Data entries

- - - -

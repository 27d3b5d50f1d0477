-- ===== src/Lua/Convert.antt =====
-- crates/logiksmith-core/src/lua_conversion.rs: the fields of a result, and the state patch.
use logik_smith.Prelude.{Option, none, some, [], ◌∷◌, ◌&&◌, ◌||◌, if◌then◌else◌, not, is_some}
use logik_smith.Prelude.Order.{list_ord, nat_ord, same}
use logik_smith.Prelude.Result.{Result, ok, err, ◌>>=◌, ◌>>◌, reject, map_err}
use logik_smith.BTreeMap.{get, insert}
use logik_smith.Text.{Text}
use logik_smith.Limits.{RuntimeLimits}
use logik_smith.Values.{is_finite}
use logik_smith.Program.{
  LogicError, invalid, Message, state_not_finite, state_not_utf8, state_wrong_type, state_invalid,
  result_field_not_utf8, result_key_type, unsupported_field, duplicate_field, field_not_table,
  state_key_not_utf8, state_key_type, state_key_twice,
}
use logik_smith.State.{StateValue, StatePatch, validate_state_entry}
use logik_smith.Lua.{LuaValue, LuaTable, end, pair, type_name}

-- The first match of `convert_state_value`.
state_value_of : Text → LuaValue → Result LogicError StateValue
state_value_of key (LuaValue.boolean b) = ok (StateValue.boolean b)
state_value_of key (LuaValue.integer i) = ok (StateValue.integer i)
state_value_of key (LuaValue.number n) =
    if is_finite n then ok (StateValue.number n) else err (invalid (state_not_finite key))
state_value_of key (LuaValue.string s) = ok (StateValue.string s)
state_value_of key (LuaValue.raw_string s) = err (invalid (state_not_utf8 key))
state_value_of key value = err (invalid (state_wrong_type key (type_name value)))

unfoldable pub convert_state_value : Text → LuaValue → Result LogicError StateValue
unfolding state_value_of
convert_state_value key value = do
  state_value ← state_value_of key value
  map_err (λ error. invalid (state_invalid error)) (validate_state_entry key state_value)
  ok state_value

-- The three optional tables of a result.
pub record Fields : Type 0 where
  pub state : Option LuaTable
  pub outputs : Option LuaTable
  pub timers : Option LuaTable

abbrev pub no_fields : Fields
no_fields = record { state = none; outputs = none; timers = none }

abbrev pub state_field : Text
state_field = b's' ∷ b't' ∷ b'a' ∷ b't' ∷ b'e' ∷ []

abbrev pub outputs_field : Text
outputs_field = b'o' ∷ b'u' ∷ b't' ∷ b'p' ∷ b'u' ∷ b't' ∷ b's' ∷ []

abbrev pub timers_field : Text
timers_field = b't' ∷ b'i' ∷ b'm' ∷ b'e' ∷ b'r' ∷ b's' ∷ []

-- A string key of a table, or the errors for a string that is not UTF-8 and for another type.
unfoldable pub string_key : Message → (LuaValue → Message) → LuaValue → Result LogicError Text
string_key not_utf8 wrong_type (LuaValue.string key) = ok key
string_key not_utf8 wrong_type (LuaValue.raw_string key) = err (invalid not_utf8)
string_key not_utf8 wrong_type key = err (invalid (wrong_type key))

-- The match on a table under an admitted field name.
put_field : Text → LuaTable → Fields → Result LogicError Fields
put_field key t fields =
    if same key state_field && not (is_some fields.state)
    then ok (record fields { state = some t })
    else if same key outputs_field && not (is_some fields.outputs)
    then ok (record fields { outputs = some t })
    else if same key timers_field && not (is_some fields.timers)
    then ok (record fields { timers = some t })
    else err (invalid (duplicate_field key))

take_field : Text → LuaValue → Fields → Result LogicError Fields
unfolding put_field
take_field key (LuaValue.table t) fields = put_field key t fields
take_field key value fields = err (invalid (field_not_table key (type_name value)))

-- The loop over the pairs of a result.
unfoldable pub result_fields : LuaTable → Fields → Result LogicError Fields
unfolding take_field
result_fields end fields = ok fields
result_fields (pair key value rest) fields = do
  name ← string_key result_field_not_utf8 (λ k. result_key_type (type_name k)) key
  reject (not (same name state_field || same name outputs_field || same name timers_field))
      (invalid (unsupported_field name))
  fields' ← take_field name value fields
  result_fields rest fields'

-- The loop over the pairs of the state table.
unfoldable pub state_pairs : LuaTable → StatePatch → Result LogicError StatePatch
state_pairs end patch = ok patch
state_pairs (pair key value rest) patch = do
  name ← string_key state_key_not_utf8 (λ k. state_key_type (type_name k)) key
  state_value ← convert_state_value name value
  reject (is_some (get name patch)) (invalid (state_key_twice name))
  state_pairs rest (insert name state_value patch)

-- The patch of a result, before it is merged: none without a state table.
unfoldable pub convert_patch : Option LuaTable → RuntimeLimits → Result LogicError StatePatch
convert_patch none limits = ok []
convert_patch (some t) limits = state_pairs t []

- - - -

* **Problem details**: There is a run of lines above from the one with "result_fields (pair key" to the one with "state_pairs (pair key value rest) patch = do"; print exactly that run, both ends included, and nothing else.

* **Answer section**:
result_fields (pair key value rest) fields = do
  name ← string_key result_field_not_utf8 (λ k. result_key_type (type_name k)) key
  reject (not (same name state_field || same name outputs_field || same name timers_field))
      (invalid (unsupported_field name))
  fields' ← take_field name value fields
  result_fields rest fields'

-- The loop over the pairs of the state table.
unfoldable pub state_pairs : LuaTable → StatePatch → Result LogicError StatePatch
state_pairs end patch = ok patch
state_pairs (pair key value rest) patch = do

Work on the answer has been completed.